Pharmacy benefits managers administer prescription drug benefits for health plan sponsors and members. They make their money by reducing costs for plan sponsors by negotiating drug prices and filling prescriptions through the mail, and keeping some of the savings.

Express Scripts plans to buy Medco for $29.1 billion in cash and stock in a deal that, if approved by regulators, would create the largest pharmacy benefits manager in the country. The bigger Express Scripts would have a lot of power in negotiating drug prices with drug makers and drugstores. A House of Representatives committee recently held hearings on the sale, and some critics have said the Federal Trade Commission should block it.

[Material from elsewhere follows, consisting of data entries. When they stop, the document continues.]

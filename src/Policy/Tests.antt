-- ===== src/Policy/Tests.antt =====
-- policy-verify.mjs at a concrete chain, and instances of the theorems on it.
use enclave_gateway.Policy.Chain.{
  walk_all, sort_rows, insert_row, walk, localities, authority_of, derive_authority,
  head_version_mismatch,
}
use enclave_gateway.Policy.Row.{
  verify_core, check_shape, check_issued, check_anchor, check_signed, count_sigs, count_sig, by_id,
  signers_commit, payload_hash, verify_envelope_row, verify_envelope_sigs,
}
use enclave_gateway.Policy.Delta.{same_except, same_fields, verify_delta}
use enclave_gateway.Policy.Json.{
  decimal, quote, insert_field, stringify, canon, payload_text, num, canonical_eq, obj, end, field,
}
use enclave_gateway.Policy.Core.{Core, PolicyField, items, get}
use enclave_gateway.Policy.Action.{action_of, add_key, remove_key, set_whitelist}
use enclave_gateway.Policy.Ops.{
  string_of, is_listed, find_session, check_evict, assert_op, OpArg, assert_op_allowed,
  evict_session, whitelisted,
}
use enclave_gateway.Policy.Unchanged.{verify_delta_pinned}
use enclave_gateway.Policy.Keys.{KeyAdded, add_key-KeyAdded}
use enclave_gateway.Policy.Keys.Removed.{KeyRemoved, remove_key-KeyRemoved}
use enclave_gateway.Policy.Quorum.{Quorum, verify_envelope_sigs-Quorum}
use enclave_gateway.Policy.Accepts.{Accepted, verify_envelope_row-Accepted}
use enclave_gateway.Policy.Derive.{Derived, derive_authority-Derived}
use enclave_gateway.Policy.Permits.{Permitted, assert_op_allowed_iff}
use enclave_gateway.Base.{
  String-discrete, ◌↔◌, ◌≡◌, false, true, ◌∷◌, [], some, none, refl, ok, raise,
}
use enclave_gateway.Policy.Samples.{
  at_number, as_text, signs_hash, anchor_core, kept_core, two_keys, other_key, config, anchor_row,
  chain_rows, derived, head_anchor,
}

anchor_accepted : verify_envelope_row at_number as_text signs_hash config anchor_row none ≡ ok tt
unfolding verify_envelope_row verify_core check_shape String-discrete check_issued check_anchor
    action_of payload_text stringify canon check_signed verify_envelope_sigs count_sigs count_sig
    by_id
anchor_accepted = refl

verify_envelope_row-Accepted_example :
    (core : Core) × Accepted at_number as_text signs_hash config none anchor_row core
verify_envelope_row-Accepted_example =
    verify_envelope_row-Accepted at_number as_text signs_hash config anchor_row none anchor_accepted

chain_derived :
    derive_authority at_number as_text signs_hash config chain_rows (some head_anchor) ≡ ok derived
unfolding derive_authority walk_all sort_rows insert_row walk verify_envelope_row verify_core
    check_shape String-discrete check_issued check_anchor action_of payload_text stringify canon
    check_signed verify_envelope_sigs count_sigs count_sig authority_of verify_delta same_except
    same_fields canonical_eq by_id payload_hash signers_commit decimal quote insert_field localities
chain_derived = refl

derive_authority-Derived_example :
    Derived at_number as_text signs_hash config chain_rows (some head_anchor) derived
derive_authority-Derived_example =
    derive_authority-Derived at_number as_text signs_hash config chain_rows (some head_anchor)
      derived chain_derived

-- An older chain does not meet the head that is anchored.
rollback_rejected :
    derive_authority at_number as_text signs_hash config (anchor_row ∷ []) (some head_anchor)
    ≡ raise head_version_mismatch
unfolding derive_authority walk_all sort_rows insert_row walk verify_envelope_row verify_core
    check_shape String-discrete check_issued check_anchor action_of payload_text stringify canon
    check_signed verify_envelope_sigs count_sigs count_sig authority_of verify_delta same_except
    same_fields canonical_eq by_id payload_hash signers_commit decimal quote insert_field localities
rollback_rejected = refl

set_whitelist_verified : verify_delta at_number set_whitelist anchor_core kept_core ≡ ok tt
unfolding verify_delta same_except canonical_eq canon String-discrete stringify
set_whitelist_verified = refl

verify_delta_pinned_example :
    canonical_eq (get PolicyField.signers anchor_core) (get PolicyField.signers kept_core) ≡ true
verify_delta_pinned_example =
    verify_delta_pinned at_number set_whitelist anchor_core kept_core set_whitelist_verified
      PolicyField.signers refl

add_key_verified : verify_delta at_number add_key kept_core two_keys ≡ ok tt
unfolding verify_delta same_except canonical_eq canon String-discrete stringify
add_key_verified = refl

add_key-KeyAdded_example : KeyAdded kept_core two_keys
add_key-KeyAdded_example = add_key-KeyAdded at_number kept_core two_keys add_key_verified

remove_key_verified : verify_delta at_number remove_key two_keys other_key ≡ ok tt
unfolding verify_delta same_except canonical_eq canon String-discrete stringify
remove_key_verified = refl

remove_key-KeyRemoved_example : KeyRemoved two_keys other_key
unfolding String-discrete
remove_key-KeyRemoved_example =
    remove_key-KeyRemoved at_number two_keys other_key refl refl remove_key_verified

verify_envelope_sigs-Quorum_example :
    Quorum at_number as_text signs_hash "arm" "x"
      (items anchor_core.signers)
      (num 100)
      anchor_row.sigs
      (verify_envelope_sigs at_number as_text signs_hash "arm" "x" anchor_row.sigs
        (items anchor_core.signers)
        (num 100))
verify_envelope_sigs-Quorum_example =
    verify_envelope_sigs-Quorum at_number as_text signs_hash "arm" "x" (items anchor_core.signers)
      (num 100) anchor_row.sigs

abbrev evict_kept : OpArg
evict_kept = record {
  hash = "77";
  fresh_roster = some (record { hash = "77"; current = false } ∷ []);
  contest_override = true;
}

-- The policy says `alert`, so the override does not reach a kept session.
kept_not_evicted : assert_op_allowed derived evict_session evict_kept ≡ raise whitelisted
unfolding assert_op_allowed authority_of String-discrete assert_op check_evict find_session
    is_listed string_of
kept_not_evicted = refl

assert_op_allowed_iff_example :
    (assert_op_allowed derived evict_session evict_kept ≡ ok tt)
    ↔ Permitted derived evict_session evict_kept
assert_op_allowed_iff_example = assert_op_allowed_iff derived evict_session evict_kept

-- A key `__proto__` is not compared.
canonical_eq-prototype : canonical_eq (obj (field "__proto__" (num 1) end)) (obj end) ≡ true
unfolding canonical_eq canon stringify String-discrete
canonical_eq-prototype = refl
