-- ===== src/Protocol.antt =====
-- brain-protocol.mjs: the frames between the closed brain and the open gateway, and the canonical
-- CBOR that they are written in.
pub mod Utf8
pub mod Value
pub mod Encode
pub mod Decode
pub mod Heads
pub mod RoundTrip
pub mod Frames
pub mod Requests
pub mod Answers
pub mod Refusals
mod Tests
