-- ===== src/Protocol/Frames.antt =====
-- brain-protocol.mjs: what the requests, responses and events share, the closed sets of operations
-- and the checks of their keys.
use enclave_gateway.Base.{
  arith, ◌≡◌, ◌*◌, raise, ok, ℕ, Bool, true, false, List, [], ◌∷◌, ◌==◌, Result, throw_if, all, any,
}
use enclave_gateway.Protocol.Utf8.{codes}
use enclave_gateway.Protocol.Value.{Value, num, text, includes, own_keys}
use enclave_gateway.Protocol.Encode.{CborError}

pub data ProtocolError : Type 0 where
  unknown_op id_gen_required acct_required forbidden_field token_required hash_required :
      ProtocolError
  frame_too_large response_too_large not_a_map unknown_version unknown_field : ProtocolError
  acct_not_text unexpected_field unknown_event event_field type_error : ProtocolError
  cbor : CborError → ProtocolError

abbrev pub Text : Type 0
Text = List ℕ

abbrev pub proto_version : ℕ
proto_version = 1

abbrev pub max_frame : ℕ
max_frame = 64 * 1024

abbrev pub ops : List Text
ops =
    codes "LIST_SESSIONS"
    ∷ codes "EVICT_SESSION"
    ∷ codes "DECLINE_RESET"
    ∷ codes "READ_SECURITY_STATE"
    ∷ codes "LOGOUT_SELF"
    ∷ codes "WHO_AM_I"
    ∷ []

abbrev pub mutating : List Text
mutating = codes "EVICT_SESSION" ∷ codes "DECLINE_RESET" ∷ codes "LOGOUT_SELF" ∷ []

abbrev pub forbidden_keys : List Text
forbidden_keys =
    codes "session"
    ∷ codes "auth_key"
    ∷ codes "authKey"
    ∷ codes "stringSession"
    ∷ codes "dc"
    ∷ codes "method"
    ∷ codes "params"
    ∷ []

-- `set.has(v)`, for a set of texts
abbrev pub has : List Text → Value → Bool
has s (text k) = includes k s
has s _ = false

-- `for (const k of Object.keys(v)) if (!allowed.has(k)) throw …`
abbrev pub all_in : List Text → List Text → Bool
all_in allowed keys = all (λ k. includes k allowed) keys

unfoldable pub assert_no_forbidden : Value → Result ProtocolError (Unit {0})
assert_no_forbidden v = throw_if (any (λ k. includes k forbidden_keys) (own_keys v)) forbidden_field

abbrev pub from_cbor {ℓ} : {A : Type ℓ} → Result CborError A → Result ProtocolError A
from_cbor (ok a) = ok a
from_cbor (raise e) = raise (cbor e)

pub from_cbor-ok {ℓ} : {A : Type ℓ} (m : Result CborError A) {a : A} → from_cbor m ≡ ok a → m ≡ ok a
from_cbor-ok (ok a) e = ground arith
from_cbor-ok (raise x) e = cc

abbrev pub is_num : ℕ → Value → Bool
is_num n (num m) = m == n
is_num n _ = false

-- `typeof v !== "string" || v.length === 0`
abbrev pub is_handle : Value → Bool
is_handle (text []) = false
is_handle (text (c ∷ s)) = true
is_handle _ = false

The company is now projecting a profit of $3.55 to $3.70 per adjusted claim, down from $3.70 to $3.90. In 2010, Express Scripts filled 753.9 million adjusted claims and reported a profit per adjusted claim of $3.19.

The company also said it won't buy back any shares until after the Medco deal closes. In May, Express Scripts said would buy back $1.7 billion in stock from Morgan Stanley.

Shares of Express Scripts fell as much as 6.2 percent in premarket trading, but have recovered to rise 55 cents to $36.49. The stock shares have dropped 35 percent since the Medco deal was announced. The S&P 500 is down about 16 percent in the same time period.